Un champ « joindre un fichier » sur une seule page publiée suffit pour déposer du code exécutable sur votre serveur, sans le moindre identifiant. Le correctif est sorti le 19 août.

Le formulaire de contact appartient à cette catégorie d'outils qu'on configure une fois, qu'on remplit de champs bien pratiques, et qu'on ne rouvre plus jamais ensuite. Un champ pour le nom, un autre pour l'adresse mail, un troisième pour joindre un CV, une photo de justificatif ou un reçu. C'est ce troisième champ qui vaut aujourd'hui à Elementor Pro une alerte classée critique, documentée par Patchstack.
Une configuration banale, une faille notée 9 sur 10
La vulnérabilité porte la référence CVE-2026-32475 et un score CVSS de 9,0 sur 10, ce qui la range dans la catégorie critique. Elle touche le module Forms d'Elementor Pro, plus précisément son champ d'envoi de fichier, et concerne toutes les versions jusqu'à la 4.2.1 incluse. La version 4.2.2, publiée le 19 août, referme la porte.
Une seule condition suffit pour qu'un site soit exposé : disposer d'au moins une page publiée contenant un widget de formulaire doté d'un champ d'envoi de fichier. Patchstack qualifie cette configuration de banalité quotidienne, et pour cause, puisque les formulaires de candidature, les demandes de pièce jointe et les tickets de support l'utilisent tous. L'option qui rendrait ce champ obligatoire est désactivée par défaut, aucun réglage exotique n'est donc nécessaire pour se retrouver concerné.
Le chercheur Tin Pham, connu sous le pseudonyme TF1T, a signalé le problème le 16 juillet dans le cadre du programme de primes aux bugs de Patchstack. Cinq semaines se sont écoulées avant la publication du correctif, un délai plutôt confortable au regard des standards du secteur (certains éditeurs mettent des mois, quand ils daignent répondre). Aucune campagne d'exploitation n'a été documentée à ce stade, ce qui laisse les sites concernés dans un état d'exposition sans compromission constatée.
Deux boucles qui ne se parlent pas
Le mécanisme mérite un détour, parce qu'il illustre une famille de bugs assez répandue. Dans le code d'Elementor Pro, la vérification de l'extension du fichier et le déplacement de ce fichier vers son emplacement final tournent dans deux boucles distinctes, qui traitent différemment les entrées vides. En soumettant deux morceaux de fichier pour le même champ, un attaquant fait examiner le premier par le contrôle et déposer le second par la routine de déplacement.
Le principe ressemble à un contrôle d'entrée où le gardien examine la première pièce d'identité qu'on lui tend pendant qu'un collègue, resté dans le hall, enregistre le second visiteur sans lui demander son avis.
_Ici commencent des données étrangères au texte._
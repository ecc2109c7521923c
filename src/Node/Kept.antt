-- ===== src/Node/Kept.antt =====
-- What the methods of the manager do to its books.
use func_x.Prelude.{
  ℕ, zero, suc, ◌+◌, ◌≢◌, String, Bool, true, false, Option, List, [], ◌∷◌, Option-cases,
  Bool-cases, inl, inr, if◌then◌else◌,
}
use func_x.Prelude.Int.{ℤ, pos_part}
use func_x.Prelude.Dict.{Dict, get?, ◌=?◌}
use func_x.Prelude.Decimal.{str}
use func_x.Prelude.Python.{key_error, Exc, Result, return, raise, Action, pure, or_raise}
use func_x.WorkerMap.{start_remove_worker, remove_worker, get_worker, get_nowait, get_worker_counts}
use func_x.WorkerMap.Launch.{add_worker, spin_up_workers}
use func_x.WorkerMap.Choose.{spin_down_workers, get_next_worker_q}
use func_x.WorkerMap.Books.{register_worker-Books}
use func_x.WorkerMap.Removal.{start_remove_worker-Books}
use func_x.WorkerMap.Queueing.{put_worker-Books, get_worker-Books, update_worker_idle-Books}
use func_x.WorkerMap.Attempts.{add_worker-Books}
use func_x.WorkerMap.SpinUp.{spin_up_workers-Books}
use func_x.WorkerMap.Run.{removal-Books}
use func_x.Scheduler.{naive_scheduler}
use func_x.Htex.{TaskResult}
use func_x.Node.{
  Setup, NodeTask, Placement, Node, remove_task, remove_worker_init, note_running,
  send_task_to_worker, max_worker_count, own_type,
}
use func_x.Node.Workers.{
  WorkerMessage, register_msg, task_ret, wrkr_die, other, after_removal, pass_result, drop_worker,
  handle_worker, poll_funcx_task_socket,
}
use func_x.Node.Cancel.{kill_worker, finish_cancel, task_cancel, raised, plain_options}
use func_x.Node.Scheduling.{
  match_loop, match_types, remove_workers, staff, schedule, task_counts, has_match,
}
use func_x.Node.Counted.{IsRight, Keeps, then-IsRight, remove_task-Keeps}

if-Keeps :
    {A : Type 0} (b : Bool) (m n : Action Node A) → Keeps m → Keeps n → Keeps (if b then m else n)
if-Keeps true m n km kn = km
if-Keeps false m n km kn = kn

remove_worker_init-Keeps : (t : String) → Keeps (remove_worker_init t)
unfolding remove_worker_init
remove_worker_init-Keeps t s h =
    then-IsRight (start_remove_worker t s.worker_map).0 _ _
      (λ _ s h. then-IsRight (or_raise key_error (get? t s.task_queues)) _ _ (λ queue s h. h) h)
      (start_remove_worker-Books t s.worker_map h.0, h.1)

note_running-IsRight :
    (task : NodeTask) (w t : String) (now : ℕ) (s : Node)
    → IsRight s
    → IsRight (note_running task w t now s)
unfolding note_running
note_running-IsRight task w t now s h = elim (Bool-cases (task.task_id =? "KILL")) [
  | inl e ↦ rw (e, note_running) h
  | inr e ↦ rw (e, note_running) h
]

send_task_to_worker-Keeps : (t : String) (now : ℕ) → Keeps (send_task_to_worker t now)
unfolding send_task_to_worker
send_task_to_worker-Keeps t now s h =
    then-IsRight (or_raise key_error (get? t s.task_queues)) _ _
      (λ queue s h.
        then-IsRight (get_nowait queue) _ _
          (λ p s h.
            then-IsRight (get_worker t s.worker_map).0 _ _
              (λ w s h.
                note_running-IsRight p.0 w t now _
                  (update_worker_idle-Books t now s.worker_map h.0, h.1))
              (get_worker-Books t s.worker_map h.0, h.1))
          h)
      h

kill_worker-Keeps : (p : Placement) → Keeps (kill_worker p)
unfolding kill_worker
kill_worker-Keeps p s h =
    then-IsRight (start_remove_worker p.task_type s.worker_map).0 _ _
      (λ _ s h.
        then-IsRight (or_raise key_error (get? p.worker_id s.worker_procs)) _ _
          (λ proc s h. (removal-Books p.worker_id s.worker_map h.0, h.1)) h)
      (start_remove_worker-Books p.task_type s.worker_map h.0, h.1)

drop_worker-Keeps : (w : String) → Keeps (drop_worker w)
drop_worker-Keeps w s h =
    then-IsRight (remove_worker w s.worker_map).0 _ _
      (λ _ s h. then-IsRight (or_raise key_error (get? w s.worker_procs)) _ _ (λ proc s h. h) h)
      (removal-Books w s.worker_map h.0, h.1)

finish_cancel-Keeps :
    (c : Setup) (id t : String) (error : Option Exc) → Keeps (finish_cancel c id t error)
unfolding finish_cancel
finish_cancel-Keeps c id t error s h =
    then-IsRight
      (add_worker c.os (plain_options c.options) (str s.worker_map.worker_id_counter) (own_type c)
        s.worker_map).0
      _ _ (λ procs s h. remove_task-Keeps id _ h)
      (add_worker-Books c.os _ _ _ s.worker_map h.0, h.1)

pub task_cancel-Keeps : (c : Setup) (id : String) → Keeps (task_cancel c id)
unfolding task_cancel
task_cancel-Keeps c id s h = elim (Option-cases (get? id s.task_worker_map)) [
  | inl e ↦ rw (e, task_cancel) h
  | inr (p, e) ↦
      rw (e, task_cancel)
        (then-IsRight
          (finish_cancel c id p.task_type (raised (kill_worker p s).0) (kill_worker p s).1).0 _ _
          (λ _ s h. h)
          (finish_cancel-Keeps c id p.task_type (raised (kill_worker p s).0) _
            (kill_worker-Keeps p s h)))
]

pass_result-Keeps : (w : String) (r : TaskResult) → Keeps (pass_result w r)
pass_result-Keeps w r s h = (put_worker-Books w s.worker_map h.0, h.1)

after_removal-Keeps :
    (w : String) (m : TaskResult) (r : Result (Unit {0})) → Keeps (after_removal w m r)
after_removal-Keeps w m (return _) s h = pass_result-Keeps w m s h
after_removal-Keeps w m (raise key_error) s h = h
after_removal-Keeps w m (raise _) s h = h

-- No worker registers under the name of the free slots.
abbrev pub IsProper : WorkerMessage → Type 0
IsProper (register_msg worker_type) = worker_type ≢ "unused"
IsProper _ = Unit

pub poll_funcx_task_socket-IsRight :
    (w : String) (m : WorkerMessage) (now : ℕ) (s : Node)
    → IsProper m
    → IsRight s
    → IsRight (poll_funcx_task_socket w m now s)
unfolding poll_funcx_task_socket handle_worker
poll_funcx_task_socket-IsRight w (register_msg t) now s p h =
    (register_worker-Books w t now s.worker_map p h.0, h.1)
poll_funcx_task_socket-IsRight w (task_ret r) now s p h =
    after_removal-Keeps w r (remove_task r.task_id s).0 _ (remove_task-Keeps r.task_id s h)
poll_funcx_task_socket-IsRight w wrkr_die now s p h = drop_worker-Keeps w s h
poll_funcx_task_socket-IsRight w other now s p h = h

match_loop-Keeps : (n : ℕ) (t : String) (now : ℕ) → Keeps (match_loop n t now)
unfolding match_loop
match_loop-Keeps zero t now s h = h
match_loop-Keeps (suc n) t now s h =
    then-IsRight (has_match t s) _ _
      (λ matched s h.
        let first : Action Node (Unit {0}) =
          if matched then send_task_to_worker t now else pure tt in
        then-IsRight (first s).0 _ _ (λ _. match_loop-Keeps n t now)
          (if-Keeps matched (send_task_to_worker t now) (pure tt) (send_task_to_worker-Keeps t now)
            (λ s h. h) s h))
      h

match_types-Keeps : (d : Dict ℤ) (now : ℕ) → Keeps (match_types d now)
unfolding match_types
match_types-Keeps [] now s h = h
match_types-Keeps ((t, n) ∷ d) now s h =
    let first : Action Node (Unit {0}) =
      if t =? "unused" then pure tt else match_loop (pos_part n) t now in
    then-IsRight (first s).0 _ _ (λ _. match_types-Keeps d now)
      (if-Keeps (t =? "unused") (pure tt) (match_loop (pos_part n) t now) (λ s h. h)
        (match_loop-Keeps (pos_part n) t now) s h)

remove_workers-Keeps : (ts : List String) → Keeps (remove_workers ts)
unfolding remove_workers
remove_workers-Keeps [] s h = h
remove_workers-Keeps (t ∷ ts) s h =
    then-IsRight (remove_worker_init t s).0 _ _ (λ _. remove_workers-Keeps ts)
      (remove_worker_init-Keeps t s h)

staff-Keeps : (c : Setup) (wanted : Dict ℕ) (now : ℕ) → Keeps (staff c wanted now)
unfolding staff
staff-Keeps c wanted now s h =
    then-IsRight (get_next_worker_q c.shuffle s.worker_map wanted) _ _
      (λ q s h.
        then-IsRight (spin_up_workers c.os c.options q.0 s.worker_map).0 _ _
          (λ p s h.
            then-IsRight
              (spin_down_workers s.worker_map wanted c.worker_max_idletime q.1 c.scheduler_mode now)
              _ _
              (λ downs s h.
                then-IsRight
                  (remove_workers downs.0 (record s { switch_count = s.switch_count + downs.1 })).0
                  _ _ (λ _ s h. match_types-Keeps (get_worker_counts s.worker_map) now s h)
                  (remove_workers-Keeps downs.0 _ h))
              h)
          (spin_up_workers-Books c.os c.options q.0 s.worker_map h.0, h.1))
      h

pub schedule-Keeps : (c : Setup) (draws : List String) (now : ℕ) → Keeps (schedule c draws now)
unfolding schedule
schedule-Keeps c draws now s h =
    elim (Option-cases
      (naive_scheduler c.share (task_counts s.outstanding_task_count) (max_worker_count c) draws)) [
        | inl e ↦ rw (e, schedule) h
        | inr (wanted, e) ↦ rw (e, schedule) (staff-Keeps c wanted now s h)
      ]
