-- ===== src/Node/Reports.antt =====
-- The two other threads of a manager: `_status_report_loop`, and `push_results` with the queue
-- between them and the main loop.
use func_x.Prelude.{
  ◌+◌, Bool, ◌&&◌, ◌||◌, not, Option, none, some, List, [], ◌∷◌, ◌++◌, length, is_empty, leb,
  if◌then◌else◌,
}
use func_x.Prelude.Dict.{Dict}
use func_x.Htex.{TaskTransition}
use func_x.Node.{Setup, Node, Pending, report, live_report, max_worker_count}

-- The two halves of a round of `_status_report_loop`, between which the other threads may run.
unfoldable pub put_report : Node → Node
put_report s = record s {
  pending_result_queue = s.pending_result_queue ++ live_report s.switch_count ∷ [];
}

unfoldable pub clear_deltas : Node → Node
clear_deltas s = if is_empty s.task_status_deltas then s else record s { task_status_deltas = [] }

-- The queue's own thread serializes the objects on it, in their order.
abbrev pub serialize_first : Dict (List TaskTransition) → List Pending → List Pending
serialize_first deltas [] = []
serialize_first deltas (live_report n ∷ queue) = report deltas n ∷ queue
serialize_first deltas (x ∷ queue) = x ∷ serialize_first deltas queue

unfoldable pub feed : Node → Node
feed s = record s {
  pending_result_queue = serialize_first s.task_status_deltas s.pending_result_queue;
}

-- `pending_result_queue.get` in time; an object that is not serialized yet cannot be had.
abbrev pub get_ready : List Pending → Option (Pending × List Pending)
get_ready [] = none
get_ready (live_report n ∷ queue) = none
get_ready (x ∷ queue) = some (x, queue)

-- Reports go to the front of the batch.
abbrev pub place_item : Pending → List Pending → List Pending
place_item (report deltas n) items = report deltas n ∷ items
place_item x items = items ++ x ∷ []

unfoldable pub gather_item : Node → Node
gather_item s = elim (get_ready s.pending_result_queue) [
  | none ↦ s
  | some (x, queue) ↦ record s { pending_result_queue = queue; items = place_item x s.items }
]

-- The batch is sent if it is long enough, or after the period (`late`); an empty one is not.
unfoldable pub send_items : Setup → Bool → Node → Node
unfolding max_worker_count
send_items c late s =
    if (leb (c.queue_size + max_worker_count c) (length s.items) || late) && not (is_empty s.items)
    then record s { result_outgoing = s.result_outgoing ++ s.items ∷ []; items = [] }
    else s

-- A round of `push_results`.
unfoldable pub push_round : Setup → Bool → Node → Node
unfolding gather_item send_items
push_round c late s = send_items c late (gather_item s)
Le fichier PHP atterrit alors dans un répertoire public, sous un nom généré automatiquement, et devient exécutable. Aucun compte n'est requis, aucun mot de passe non plus.
La comparaison avec l'autre alerte WordPress du mois éclaire la hiérarchie des risques. La faille CVE-2026-65640, corrigée par WordPress 7.0.4 le 12 août, affiche un score de 8,8 et permet elle aussi une exécution de code. Elle exige toutefois un compte de niveau Auteur au minimum, ainsi que la présence conjointe d'Imagick et de Ghostscript sur le serveur. Trois conditions contre une seule, la marche est nettement plus haute à franchir.
L'écosystème WordPress accumule les épisodes de ce genre. Nous documentions en mars une faille du plugin User Registration permettant de s'octroyer les droits d'administrateur sur 60 000 sites. En juillet, c'était au tour d'un enchaînement de deux vulnérabilités du cœur du CMS ouvrant une exécution de code sans identifiants. Fin 2025, le budget 2026 du Royaume-Uni fuitait à cause d'un plugin WordPress mal configuré, preuve que la brique la plus anodine d'un site peut coûter très cher.
Le contexte réglementaire ajoute une couche que beaucoup d'administrateurs oublient. Un formulaire compromis qui collectait des CV, des photos de pièce d'identité ou des justificatifs de domicile devient une violation de données personnelles au sens du RGPD. Dès lors qu'un risque pèse sur les personnes, l'article 33 impose une notification à la CNIL dans les 72 heures suivant la prise de connaissance. L'article 34 y ajoute une information des intéressés quand ce risque est élevé. Autant dire que la mise à jour coûte moins cher que la procédure.
Le geste tient en deux temps : vérifier la version d'Elementor Pro installée et passer en 4.2.2, puis inspecter le répertoire wp-content/uploads/elementor/forms. Tout fichier PHP qui s'y trouve mérite une explication, sachant qu'un formulaire de contact n'a jamais eu vocation à héberger du code.